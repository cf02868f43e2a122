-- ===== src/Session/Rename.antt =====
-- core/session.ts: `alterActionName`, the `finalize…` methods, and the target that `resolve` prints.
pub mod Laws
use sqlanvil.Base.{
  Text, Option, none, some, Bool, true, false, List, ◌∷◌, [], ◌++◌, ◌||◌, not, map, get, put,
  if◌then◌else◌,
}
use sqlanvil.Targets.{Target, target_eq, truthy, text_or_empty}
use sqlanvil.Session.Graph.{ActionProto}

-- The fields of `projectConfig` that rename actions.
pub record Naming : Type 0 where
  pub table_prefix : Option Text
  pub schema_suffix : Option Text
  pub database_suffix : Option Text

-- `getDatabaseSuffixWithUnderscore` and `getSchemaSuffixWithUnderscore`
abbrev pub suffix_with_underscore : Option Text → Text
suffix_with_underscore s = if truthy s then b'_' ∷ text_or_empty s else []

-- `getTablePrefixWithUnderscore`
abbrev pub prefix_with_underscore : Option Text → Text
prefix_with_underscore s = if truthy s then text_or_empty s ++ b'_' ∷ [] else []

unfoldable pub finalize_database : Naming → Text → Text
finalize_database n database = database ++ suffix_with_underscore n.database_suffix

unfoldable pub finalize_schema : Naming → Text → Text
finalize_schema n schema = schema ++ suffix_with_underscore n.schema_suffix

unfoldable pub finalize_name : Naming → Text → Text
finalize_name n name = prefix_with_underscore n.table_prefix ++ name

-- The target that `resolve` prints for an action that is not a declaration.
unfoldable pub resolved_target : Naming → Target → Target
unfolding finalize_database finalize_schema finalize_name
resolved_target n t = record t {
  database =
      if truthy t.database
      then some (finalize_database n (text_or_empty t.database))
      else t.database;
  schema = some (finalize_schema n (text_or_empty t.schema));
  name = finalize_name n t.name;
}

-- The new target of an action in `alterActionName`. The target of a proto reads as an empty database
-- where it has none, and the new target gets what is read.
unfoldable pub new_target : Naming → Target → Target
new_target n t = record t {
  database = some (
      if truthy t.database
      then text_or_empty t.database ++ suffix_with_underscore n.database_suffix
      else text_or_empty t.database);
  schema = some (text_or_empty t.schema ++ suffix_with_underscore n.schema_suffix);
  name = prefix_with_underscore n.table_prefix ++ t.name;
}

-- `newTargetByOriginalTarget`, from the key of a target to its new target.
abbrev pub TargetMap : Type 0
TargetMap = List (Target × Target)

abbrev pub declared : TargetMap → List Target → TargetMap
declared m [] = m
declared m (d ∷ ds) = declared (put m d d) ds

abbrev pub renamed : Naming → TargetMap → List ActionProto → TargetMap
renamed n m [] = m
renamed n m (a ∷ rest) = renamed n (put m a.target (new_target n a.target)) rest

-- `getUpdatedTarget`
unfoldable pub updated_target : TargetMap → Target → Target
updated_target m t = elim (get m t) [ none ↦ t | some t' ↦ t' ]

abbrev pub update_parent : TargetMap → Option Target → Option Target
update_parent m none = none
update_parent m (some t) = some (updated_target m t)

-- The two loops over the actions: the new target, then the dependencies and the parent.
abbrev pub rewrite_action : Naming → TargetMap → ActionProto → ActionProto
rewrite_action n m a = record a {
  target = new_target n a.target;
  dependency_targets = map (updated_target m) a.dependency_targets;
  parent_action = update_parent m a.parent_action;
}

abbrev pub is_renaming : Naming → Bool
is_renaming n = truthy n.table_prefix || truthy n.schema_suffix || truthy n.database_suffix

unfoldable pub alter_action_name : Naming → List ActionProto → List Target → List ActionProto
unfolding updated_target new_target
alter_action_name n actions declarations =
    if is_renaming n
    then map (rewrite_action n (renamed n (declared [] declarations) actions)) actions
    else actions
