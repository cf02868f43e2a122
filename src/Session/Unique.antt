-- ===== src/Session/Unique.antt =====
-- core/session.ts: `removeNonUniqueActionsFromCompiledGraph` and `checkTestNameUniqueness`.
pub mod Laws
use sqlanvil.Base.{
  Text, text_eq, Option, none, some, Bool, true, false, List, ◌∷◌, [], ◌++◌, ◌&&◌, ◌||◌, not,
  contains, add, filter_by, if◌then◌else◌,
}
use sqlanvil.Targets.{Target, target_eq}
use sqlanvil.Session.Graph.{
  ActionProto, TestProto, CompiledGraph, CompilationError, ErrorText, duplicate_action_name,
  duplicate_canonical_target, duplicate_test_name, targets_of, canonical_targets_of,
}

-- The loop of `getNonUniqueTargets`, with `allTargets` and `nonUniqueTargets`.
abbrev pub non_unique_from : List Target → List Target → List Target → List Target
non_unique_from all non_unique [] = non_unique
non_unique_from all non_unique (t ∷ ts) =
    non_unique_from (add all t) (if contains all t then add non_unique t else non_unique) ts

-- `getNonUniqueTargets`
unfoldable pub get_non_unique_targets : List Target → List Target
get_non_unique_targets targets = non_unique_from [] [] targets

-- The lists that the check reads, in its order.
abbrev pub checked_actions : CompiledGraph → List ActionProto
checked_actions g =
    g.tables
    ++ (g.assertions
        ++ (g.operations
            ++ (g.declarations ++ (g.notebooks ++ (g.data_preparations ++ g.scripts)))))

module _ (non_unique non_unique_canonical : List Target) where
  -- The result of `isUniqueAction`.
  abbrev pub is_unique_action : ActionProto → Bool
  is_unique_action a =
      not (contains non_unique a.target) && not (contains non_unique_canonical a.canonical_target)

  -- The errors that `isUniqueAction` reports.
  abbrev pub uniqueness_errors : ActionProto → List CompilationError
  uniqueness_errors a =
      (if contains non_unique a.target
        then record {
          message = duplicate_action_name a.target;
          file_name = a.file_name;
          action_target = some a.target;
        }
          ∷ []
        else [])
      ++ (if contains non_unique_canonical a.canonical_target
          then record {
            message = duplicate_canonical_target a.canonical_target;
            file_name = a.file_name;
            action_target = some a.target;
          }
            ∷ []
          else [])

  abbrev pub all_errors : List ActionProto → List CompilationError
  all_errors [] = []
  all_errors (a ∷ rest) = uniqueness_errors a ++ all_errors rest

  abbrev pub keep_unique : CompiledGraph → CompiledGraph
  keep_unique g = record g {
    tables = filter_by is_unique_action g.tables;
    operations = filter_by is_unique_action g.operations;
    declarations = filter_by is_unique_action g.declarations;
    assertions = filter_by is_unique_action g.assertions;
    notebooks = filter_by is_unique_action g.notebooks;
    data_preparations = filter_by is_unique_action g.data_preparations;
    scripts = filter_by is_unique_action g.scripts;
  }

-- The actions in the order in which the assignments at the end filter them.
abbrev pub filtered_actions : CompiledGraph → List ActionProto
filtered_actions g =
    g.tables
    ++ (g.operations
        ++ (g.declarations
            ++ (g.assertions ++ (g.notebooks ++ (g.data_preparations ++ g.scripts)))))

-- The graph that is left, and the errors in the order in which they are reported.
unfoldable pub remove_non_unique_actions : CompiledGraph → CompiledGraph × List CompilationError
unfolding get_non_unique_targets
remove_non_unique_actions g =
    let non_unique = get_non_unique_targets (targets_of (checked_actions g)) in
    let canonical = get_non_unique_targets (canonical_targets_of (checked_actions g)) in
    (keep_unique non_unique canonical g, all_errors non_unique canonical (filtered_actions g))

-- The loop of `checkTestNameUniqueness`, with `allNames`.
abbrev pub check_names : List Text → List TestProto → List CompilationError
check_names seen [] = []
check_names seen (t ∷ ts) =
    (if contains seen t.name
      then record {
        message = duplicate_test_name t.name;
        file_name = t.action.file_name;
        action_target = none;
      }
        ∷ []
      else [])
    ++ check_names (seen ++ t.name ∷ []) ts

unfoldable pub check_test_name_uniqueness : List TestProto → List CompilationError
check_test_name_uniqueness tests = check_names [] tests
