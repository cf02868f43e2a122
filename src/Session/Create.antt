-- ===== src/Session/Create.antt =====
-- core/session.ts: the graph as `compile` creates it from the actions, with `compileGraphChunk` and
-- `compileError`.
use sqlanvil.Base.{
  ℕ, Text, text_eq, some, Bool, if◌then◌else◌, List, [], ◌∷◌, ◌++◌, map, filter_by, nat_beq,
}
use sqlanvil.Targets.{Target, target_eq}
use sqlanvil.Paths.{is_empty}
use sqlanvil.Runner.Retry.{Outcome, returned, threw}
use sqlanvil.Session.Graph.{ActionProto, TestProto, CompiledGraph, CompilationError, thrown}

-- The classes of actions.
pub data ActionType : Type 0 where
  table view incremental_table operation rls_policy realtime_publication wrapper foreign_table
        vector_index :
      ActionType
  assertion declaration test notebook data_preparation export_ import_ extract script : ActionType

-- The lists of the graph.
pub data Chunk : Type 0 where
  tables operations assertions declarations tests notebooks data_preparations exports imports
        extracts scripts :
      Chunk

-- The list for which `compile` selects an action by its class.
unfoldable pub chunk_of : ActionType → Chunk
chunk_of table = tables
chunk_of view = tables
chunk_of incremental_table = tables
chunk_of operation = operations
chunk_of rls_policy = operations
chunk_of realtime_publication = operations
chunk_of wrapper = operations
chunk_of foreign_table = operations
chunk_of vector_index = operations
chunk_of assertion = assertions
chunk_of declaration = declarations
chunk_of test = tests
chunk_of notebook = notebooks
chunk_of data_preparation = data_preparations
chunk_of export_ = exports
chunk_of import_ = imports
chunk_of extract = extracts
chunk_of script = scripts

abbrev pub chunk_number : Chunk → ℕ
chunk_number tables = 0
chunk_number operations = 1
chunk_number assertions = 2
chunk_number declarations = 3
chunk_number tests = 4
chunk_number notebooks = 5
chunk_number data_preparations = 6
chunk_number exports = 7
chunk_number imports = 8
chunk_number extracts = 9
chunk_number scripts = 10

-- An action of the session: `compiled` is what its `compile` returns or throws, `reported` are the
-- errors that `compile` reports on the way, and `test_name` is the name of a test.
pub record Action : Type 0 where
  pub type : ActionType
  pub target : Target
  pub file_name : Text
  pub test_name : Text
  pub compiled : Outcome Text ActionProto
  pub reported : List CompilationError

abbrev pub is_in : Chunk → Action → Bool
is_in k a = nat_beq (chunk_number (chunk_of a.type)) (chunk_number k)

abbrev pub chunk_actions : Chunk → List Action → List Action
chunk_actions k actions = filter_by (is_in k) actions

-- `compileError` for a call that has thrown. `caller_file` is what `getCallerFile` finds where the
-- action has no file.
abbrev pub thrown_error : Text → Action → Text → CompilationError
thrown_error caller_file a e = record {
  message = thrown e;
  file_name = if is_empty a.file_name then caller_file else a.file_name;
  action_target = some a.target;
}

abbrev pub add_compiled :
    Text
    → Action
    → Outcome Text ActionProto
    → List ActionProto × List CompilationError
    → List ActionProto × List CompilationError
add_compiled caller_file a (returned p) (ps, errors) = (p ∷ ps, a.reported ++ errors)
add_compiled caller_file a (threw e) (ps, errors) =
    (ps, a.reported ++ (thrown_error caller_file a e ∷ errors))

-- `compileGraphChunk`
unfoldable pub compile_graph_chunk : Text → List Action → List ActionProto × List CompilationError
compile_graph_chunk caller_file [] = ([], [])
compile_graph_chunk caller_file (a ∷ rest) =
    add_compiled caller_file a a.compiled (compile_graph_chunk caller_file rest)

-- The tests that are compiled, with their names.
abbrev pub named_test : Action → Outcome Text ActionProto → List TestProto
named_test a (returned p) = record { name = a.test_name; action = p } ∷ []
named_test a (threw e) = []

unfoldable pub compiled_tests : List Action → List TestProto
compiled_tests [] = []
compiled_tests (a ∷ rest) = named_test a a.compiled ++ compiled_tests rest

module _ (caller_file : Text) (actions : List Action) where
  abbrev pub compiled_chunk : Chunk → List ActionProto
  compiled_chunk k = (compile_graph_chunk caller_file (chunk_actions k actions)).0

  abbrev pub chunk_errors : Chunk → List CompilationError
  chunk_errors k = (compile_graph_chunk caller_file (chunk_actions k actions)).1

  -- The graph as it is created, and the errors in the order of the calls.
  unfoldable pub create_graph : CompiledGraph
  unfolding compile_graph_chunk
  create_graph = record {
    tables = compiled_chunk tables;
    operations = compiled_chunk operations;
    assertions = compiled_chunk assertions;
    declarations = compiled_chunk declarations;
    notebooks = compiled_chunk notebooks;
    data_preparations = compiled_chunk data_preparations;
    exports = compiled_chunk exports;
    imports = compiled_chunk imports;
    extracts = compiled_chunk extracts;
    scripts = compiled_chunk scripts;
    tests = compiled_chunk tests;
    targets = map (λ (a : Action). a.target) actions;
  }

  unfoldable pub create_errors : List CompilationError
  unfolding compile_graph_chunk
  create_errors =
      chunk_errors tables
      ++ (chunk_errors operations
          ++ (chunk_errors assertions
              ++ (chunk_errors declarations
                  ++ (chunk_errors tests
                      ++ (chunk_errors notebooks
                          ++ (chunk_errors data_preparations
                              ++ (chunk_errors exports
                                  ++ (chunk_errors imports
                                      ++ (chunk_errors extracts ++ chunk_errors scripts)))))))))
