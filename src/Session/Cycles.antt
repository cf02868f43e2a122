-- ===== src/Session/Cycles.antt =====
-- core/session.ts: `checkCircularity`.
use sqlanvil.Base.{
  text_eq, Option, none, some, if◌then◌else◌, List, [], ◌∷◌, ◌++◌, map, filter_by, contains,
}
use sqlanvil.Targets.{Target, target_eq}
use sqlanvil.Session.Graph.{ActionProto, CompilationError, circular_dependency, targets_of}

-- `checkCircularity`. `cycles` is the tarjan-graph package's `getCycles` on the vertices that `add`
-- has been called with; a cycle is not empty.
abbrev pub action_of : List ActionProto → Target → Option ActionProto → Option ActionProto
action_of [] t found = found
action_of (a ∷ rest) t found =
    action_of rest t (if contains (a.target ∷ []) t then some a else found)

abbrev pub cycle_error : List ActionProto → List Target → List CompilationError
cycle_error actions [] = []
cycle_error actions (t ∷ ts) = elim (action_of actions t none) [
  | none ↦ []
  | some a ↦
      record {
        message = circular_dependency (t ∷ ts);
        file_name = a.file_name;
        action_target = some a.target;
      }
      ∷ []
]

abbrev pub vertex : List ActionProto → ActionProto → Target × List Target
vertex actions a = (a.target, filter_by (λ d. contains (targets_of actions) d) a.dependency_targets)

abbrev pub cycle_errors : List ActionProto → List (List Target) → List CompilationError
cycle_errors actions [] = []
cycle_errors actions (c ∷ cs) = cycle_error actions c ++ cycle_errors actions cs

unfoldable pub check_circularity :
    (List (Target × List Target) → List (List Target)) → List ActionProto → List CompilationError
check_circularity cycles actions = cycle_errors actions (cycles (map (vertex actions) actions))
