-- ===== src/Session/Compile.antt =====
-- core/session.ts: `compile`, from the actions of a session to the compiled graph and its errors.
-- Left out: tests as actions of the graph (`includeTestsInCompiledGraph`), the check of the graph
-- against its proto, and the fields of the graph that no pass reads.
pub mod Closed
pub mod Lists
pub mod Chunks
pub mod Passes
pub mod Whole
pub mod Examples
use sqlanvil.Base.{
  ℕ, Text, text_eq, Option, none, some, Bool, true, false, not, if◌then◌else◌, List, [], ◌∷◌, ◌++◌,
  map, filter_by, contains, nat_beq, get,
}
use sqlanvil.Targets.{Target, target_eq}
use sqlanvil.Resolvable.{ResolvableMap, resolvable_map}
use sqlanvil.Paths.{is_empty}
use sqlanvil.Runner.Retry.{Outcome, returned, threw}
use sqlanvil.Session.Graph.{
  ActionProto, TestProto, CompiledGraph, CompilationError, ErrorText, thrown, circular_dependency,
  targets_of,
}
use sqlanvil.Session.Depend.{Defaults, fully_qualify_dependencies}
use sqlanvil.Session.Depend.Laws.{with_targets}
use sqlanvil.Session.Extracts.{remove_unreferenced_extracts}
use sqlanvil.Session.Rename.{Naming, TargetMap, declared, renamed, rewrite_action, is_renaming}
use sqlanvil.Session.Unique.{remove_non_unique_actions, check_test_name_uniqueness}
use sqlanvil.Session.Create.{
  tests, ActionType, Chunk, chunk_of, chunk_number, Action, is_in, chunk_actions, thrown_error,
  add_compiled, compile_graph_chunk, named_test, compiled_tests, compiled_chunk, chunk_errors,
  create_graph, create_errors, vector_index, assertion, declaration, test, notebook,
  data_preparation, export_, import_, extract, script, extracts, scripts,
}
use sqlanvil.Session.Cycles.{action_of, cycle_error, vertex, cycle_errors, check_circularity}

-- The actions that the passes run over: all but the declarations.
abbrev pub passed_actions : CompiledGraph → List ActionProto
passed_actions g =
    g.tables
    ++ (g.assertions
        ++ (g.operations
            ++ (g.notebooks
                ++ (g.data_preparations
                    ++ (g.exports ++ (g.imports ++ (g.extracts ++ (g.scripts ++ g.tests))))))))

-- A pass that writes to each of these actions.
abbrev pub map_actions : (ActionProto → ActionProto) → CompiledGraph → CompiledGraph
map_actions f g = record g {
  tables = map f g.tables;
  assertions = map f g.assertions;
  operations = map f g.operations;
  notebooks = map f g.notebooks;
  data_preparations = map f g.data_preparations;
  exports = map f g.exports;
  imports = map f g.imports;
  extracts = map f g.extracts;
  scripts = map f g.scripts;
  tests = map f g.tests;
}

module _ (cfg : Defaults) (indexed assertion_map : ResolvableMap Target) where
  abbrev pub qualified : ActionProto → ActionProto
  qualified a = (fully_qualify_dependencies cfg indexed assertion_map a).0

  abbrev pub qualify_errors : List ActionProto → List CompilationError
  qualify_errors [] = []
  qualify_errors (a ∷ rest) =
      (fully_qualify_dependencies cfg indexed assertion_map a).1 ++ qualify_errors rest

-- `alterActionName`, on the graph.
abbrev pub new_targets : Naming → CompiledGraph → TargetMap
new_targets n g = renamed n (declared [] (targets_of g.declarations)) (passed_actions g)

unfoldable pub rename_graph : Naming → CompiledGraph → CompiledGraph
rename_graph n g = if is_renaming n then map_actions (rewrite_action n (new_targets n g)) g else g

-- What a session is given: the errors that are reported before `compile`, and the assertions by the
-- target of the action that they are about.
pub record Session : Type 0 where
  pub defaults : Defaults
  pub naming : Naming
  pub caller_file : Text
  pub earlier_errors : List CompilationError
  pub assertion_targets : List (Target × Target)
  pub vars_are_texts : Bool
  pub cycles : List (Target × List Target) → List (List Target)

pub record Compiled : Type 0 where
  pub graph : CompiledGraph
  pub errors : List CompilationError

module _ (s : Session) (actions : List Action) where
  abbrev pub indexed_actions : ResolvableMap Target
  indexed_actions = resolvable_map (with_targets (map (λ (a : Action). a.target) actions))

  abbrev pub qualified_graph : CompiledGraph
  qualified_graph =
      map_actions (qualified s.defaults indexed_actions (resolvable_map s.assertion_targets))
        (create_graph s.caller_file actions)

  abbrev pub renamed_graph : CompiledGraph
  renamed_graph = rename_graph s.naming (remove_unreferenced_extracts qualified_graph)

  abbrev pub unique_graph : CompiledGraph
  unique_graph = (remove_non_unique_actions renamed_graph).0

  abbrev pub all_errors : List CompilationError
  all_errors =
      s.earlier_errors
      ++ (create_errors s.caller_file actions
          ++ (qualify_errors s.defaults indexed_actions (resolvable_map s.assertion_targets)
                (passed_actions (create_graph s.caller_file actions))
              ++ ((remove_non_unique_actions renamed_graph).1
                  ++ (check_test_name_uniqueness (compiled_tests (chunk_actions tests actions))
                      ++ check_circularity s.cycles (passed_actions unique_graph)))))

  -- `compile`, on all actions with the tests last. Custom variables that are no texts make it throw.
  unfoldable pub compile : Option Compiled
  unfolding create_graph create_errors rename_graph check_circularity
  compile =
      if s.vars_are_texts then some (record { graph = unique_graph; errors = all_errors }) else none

------------

* [EXERCISE DESCRIPTION]:
Copy the records above exactly, beginning at the line that contains "declarations = compiled_chunk" and stopping after the line that contains "imports = compiled_chunk imports;".

* [PROBLEM SOLUTION]:
    declarations = compiled_chunk declarations;
    notebooks = compiled_chunk notebooks;
    data_preparations = compiled_chunk data_preparations;
    exports = compiled_chunk exports;
    imports = compiled_chunk imports;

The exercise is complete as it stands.